The water was limpid with silence, and on the far side of the creek the trees admired their unwavering reflection beneath a deep blue sky. ‘It’s beautiful,’ sighed Juliet after a while.
‘Haven’t you been here before?’
‘No.’ She shook her head rather sadly. ‘You’ve only been here a couple of weeks and already you know Wilparilla better than I do.’
Cal didn’t answer immediately. The knowledge of how greatly he was deceiving Juliet was making him increasingly uncomfortable, but he wasn’t prepared to give up his dream of buying Wilparilla back yet. Natalie’s happiness was at stake as much as his own. Even her initial disappointment at finding that the homestead had changed completely and that she couldn’t remember any of it had disappeared, and she loved it all.
‘I wanted to thank you for what you’ve done for Natalie,’ he said,
deliberately changing the subject.
Surprised, Juliet glanced at him, only to find that he had risked a glance at her at the same time. She jerked her gaze sternly back to the children. ‘I haven’t done anything for Natalie,’ she said. ‘It’s the other way round, if anything. She’s such a happy, helpful little girl.’
‘She is now,’ said Cal, watching his daughter shrieking in the water. ‘It’s not that long since I had a battle to get her to school every morning. She wouldn’t talk to anyone or do anything.’
‘Really?’ Juliet’s eyes rested on Natalie as well. ‘It seems hard to believe, looking at her now. What was the matter?’
‘She was unhappy,’ he said simply. ‘I kept asking her if anything was wrong and she’d say no, and then one day I caught her in tears and everything came out.’ He stopped, remembering how guilty he had felt for not realising sooner how miserable his daughter had been.
‘It was my fault,’ he went on slowly. ‘I should have realised how much she hated her school. She never fitted in, and children can be cruel sometimes to outsiders.’
‘Was she being bullied?’ asked Juliet in concern.
‘Oh, I don’t think it was as bad as that. She just never felt as if she belonged. I think she was homesick.’ Cal grimaced. ‘She was only five when we moved to Brisbane, but her whole life had been spent in the outback, and she didn’t adapt as I’d hoped she would.
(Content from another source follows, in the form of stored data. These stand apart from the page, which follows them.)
-- ===== src/Ktool/Transfer/Fuel.antt =====
-- The tries of `install_flash_bootloader` in ktool.py: the fuel is enough.
use user_basic.Base.{
  ℕ, zero, suc, ◌+◌, ◌≤◌, ◌<◌, Bool, true, false, List, [], ◌∷◌, if◌then◌else◌, length, ◌≡◌, refl,
  ◌∙◌, ap, arith,
}
use user_basic.Ktool.Slip.{Bytes}
use user_basic.Ktool.Port.{Loader, Res, ok, err, Io, ◌>>=◌, then_do}
use user_basic.Ktool.Greeting.{sram_start}
use user_basic.Ktool.Transfer.{install_chunk, install_chunks, install_flash_bootloader, chunks}
use user_basic.Ktool.Transfer.Spending.{
  Reads, Shrinks, Leaves-Shrinks, check_kill_exit-Leaves, packed-Leaves, write-Leaves,
  recv_debug-Reads, install_chunk-Shrinks,
}

-- The two codes do the same where fewer events than this are left.
record Agree {A : Type 0} (n : ℕ) (m m' : Io A) : Type 0 where
  at : (l : Loader) → length l.events < n → m l ≡ m' l

Agree-same : {A : Type 0} (n : ℕ) (m : Io A) → Agree n m m
Agree-same n m = record { at = λ l h. refl }

bind_agree :
    {A B : Type 0} (r : Loader × Res A) (f g : A → Io B)
    → ((l : Loader) (a : A) → r ≡ (l, ok a) → f a l ≡ g a l)
    → then_do f r ≡ then_do g r
bind_agree (l, ok a) f g h = h l a refl
bind_agree (l, err e) f g h = refl

Agree-bind :
    {A B : Type 0} {n : ℕ} (m m' : Io A) (f g : A → Io B)
    → Agree n m m'
    → Shrinks m'
    → ((a : A) → Agree n (f a) (g a))
    → Agree n (m >>= f) (m' >>= g)
Agree-bind m m' f g h s k = record {
  at = λ l b.
      ap (then_do f) (h.at l b)
      ∙ bind_agree (m' l) f g
          (λ l' a p. let e = s.at l l' a p in (k a).at l' (omega (arith, b, e)));
}

-- Behind a read, one event more may be left.
Agree-Reads :
    {A B : Type 0} {n : ℕ} (m : Io A) (f g : A → Io B)
    → Reads m
    → ((a : A) → Agree n (f a) (g a))
    → Agree (suc n) (m >>= f) (m >>= g)
Agree-Reads m f g s k = record {
  at = λ l b.
      bind_agree (m l) f g (λ l' a p. let e = s.at l l' a p in (k a).at l' (omega (arith, b, e)));
}

Agree-if :
    {A : Type 0} {n : ℕ} (b : Bool) (k m m' : Io A)
    → Agree n m m'
    → Agree n (if b then k else m) (if b then k else m')
Agree-if true k m m' h = Agree-same _ k
Agree-if false k m m' h = h

install_chunk-fuel :
    (n f g address : ℕ) (chunk : Bytes)
    → n ≤ f
    → n ≤ g
    → Agree n (install_chunk f address chunk) (install_chunk g address chunk)
unfolding install_chunk
install_chunk-fuel zero f g address chunk hf hg = record { at = λ l h. absurd (omega arith) }
install_chunk-fuel (suc n) zero g address chunk hf hg = absurd (omega arith)
install_chunk-fuel (suc n) (suc f) zero address chunk hf hg = absurd (omega arith)
install_chunk-fuel (suc n) (suc f) (suc g) address chunk hf hg =
    Agree-bind _ _ _ _ (Agree-same _ _) (Leaves-Shrinks _ check_kill_exit-Leaves) (λ _.
      Agree-bind _ _ _ _ (Agree-same _ _) (Leaves-Shrinks _ (packed-Leaves _)) (λ out.
        Agree-bind _ _ _ _ (Agree-same _ _) (Leaves-Shrinks _ (write-Leaves out)) (λ _.
          Agree-Reads _ _ _ recv_debug-Reads (λ accepted. Agree-if accepted _ _ _ (
            install_chunk-fuel n f g (address + length chunk) chunk (omega arith) (omega arith))))))

install_chunks-fuel :
    (n f g address : ℕ) (cs : List Bytes)
    → n ≤ f
    → n ≤ g
    → Agree n (install_chunks f address cs) (install_chunks g address cs)
unfolding install_chunks
install_chunks-fuel n f g address [] hf hg = Agree-same n _
install_chunks-fuel n f g address (c ∷ cs) hf hg =
    Agree-bind _ _ _ _ (Agree-same _ _) (Leaves-Shrinks _ check_kill_exit-Leaves) (λ _.
      Agree-bind _ _ _ _ (install_chunk-fuel n f g address c hf hg)
        (install_chunk-Shrinks g address c) (λ a. install_chunks-fuel n f g a cs hf hg))

-- The resending of refused chunks stops within its fuel: however many tries more it is given, on
-- whatever events, the result is the same.
pub install_flash_bootloader-fuel :
    (k : ℕ) (image : Bytes) (l : Loader)
    → install_chunks (suc (length l.events) + k) sram_start (chunks image 1024) l
      ≡ install_flash_bootloader image l
unfolding install_flash_bootloader
install_flash_bootloader-fuel k image l =
    (install_chunks-fuel (suc (length l.events)) (suc (length l.events) + k) (suc (length l.events))
        sram_start (chunks image 1024) (omega arith) (omega arith)).at
      l (omega arith)
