-- ===== src/LinkApp/Sorted.antt =====
-- link_app.py: the order of the programs.
use mathlib.Core.List.{Perm}
use mathlib.Core.List.Perm
use user_basic.Base.{true, false, List, [], ◌∷◌, Line, ◌≡◌, refl, arith, Bool-cases, ◌⊎◌, inl, inr}
use user_basic.LinkApp.{less, insert, sorted}

-- No name comes behind a greater one.
pub data IsSorted : List Line → Type 0 where
  nil : IsSorted []
  one : (x : Line) → IsSorted (x ∷ [])
  more : {x y : Line} {l : List Line} → less y x ≡ false → IsSorted (y ∷ l) → IsSorted (x ∷ y ∷ l)

less-asymm : (x y : Line) → less x y ≡ true → less y x ≡ false
unfolding less
less-asymm [] [] h = refl
less-asymm [] (y ∷ ys) h = refl
less-asymm (x ∷ xs) [] h = cc
less-asymm (x ∷ xs) (y ∷ ys) h = ground (arith, less-asymm xs ys)

insert-IsSorted : (x : Line) {l : List Line} → IsSorted l → IsSorted (insert x l)
unfolding insert
insert-IsSorted x nil = one x
insert-IsSorted x (one y) = elim (Bool-cases (less y x)) [
  | inl e ↦ rw e (more (less-asymm y x e) (one x))
  | inr e ↦ rw e (more e (one y))
]
insert-IsSorted x (more {x = y} {y = z} {l} h s) = elim (Bool-cases (less y x)) [
  | inl e ↦ rw e (behind (Bool-cases (less z x)) (less-asymm y x e) (insert-IsSorted x s))
  | inr e ↦ rw e (more e (more h s))
]
  where
    behind :
        (less z x ≡ true) ⊎ (less z x ≡ false)
        → less x y ≡ false
        → IsSorted (insert x (z ∷ l))
        → IsSorted (y ∷ insert x (z ∷ l))
    behind (inl e) k t = rw e (more h (rw e at t))
    behind (inr e) k t = rw e (more k (more e s))

insert-perm : (x : Line) (l : List Line) → Perm (insert x l) (x ∷ l)
unfolding insert
insert-perm x [] = Perm.refl (x ∷ [])
insert-perm x (y ∷ ys) = elim (Bool-cases (less y x)) [
  | inl e ↦ rw e (Perm.trans (Perm.cons y (insert-perm x ys)) (Perm.swap x y ys))
  | inr e ↦ rw e (Perm.refl (x ∷ y ∷ ys))
]

sorted-perm : (l : List Line) → Perm (sorted l) l
unfolding sorted
sorted-perm [] = Perm.refl []
sorted-perm (x ∷ xs) = Perm.trans (insert-perm x (sorted xs)) (Perm.cons x (sorted-perm xs))

sorted-IsSorted : (l : List Line) → IsSorted (sorted l)
unfolding sorted
sorted-IsSorted [] = nil
sorted-IsSorted (x ∷ xs) = insert-IsSorted x (sorted-IsSorted xs)

-- The files are listed in the order of their names, each as often as it was.
pub sorted_lem : (l : List Line) → IsSorted (sorted l) × Perm (sorted l) l
sorted_lem l = (sorted-IsSorted l, sorted-perm l)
I didn’t adapt that well either,’ he admitted. ‘I missed the bush, but I pretended I didn’t to make it easier for Natalie. I could see that she wasn’t happy, but if I asked her what was wrong, she would always say everything was OK.’
Juliet risked another glance at him. ‘If Natalie was happy in the outback, why did you move?’
She thought for a moment that Cal wouldn’t answer, but he did. ‘Because it was what Sara would have wanted,’ he said. ‘I’d grown up on a station, but Sara was from Brisbane. She was the sister of one of my schoolfriends. I met her when she was sixteen, so we’d known each other for five years before we were married, and she’d been to visit plenty of times, but it was still hard for her when we were first married. Being a visitor is fine, but it’s different when you suddenly find yourself left alone all day, hundreds of miles from the nearest shop when you’re used to living in a city.’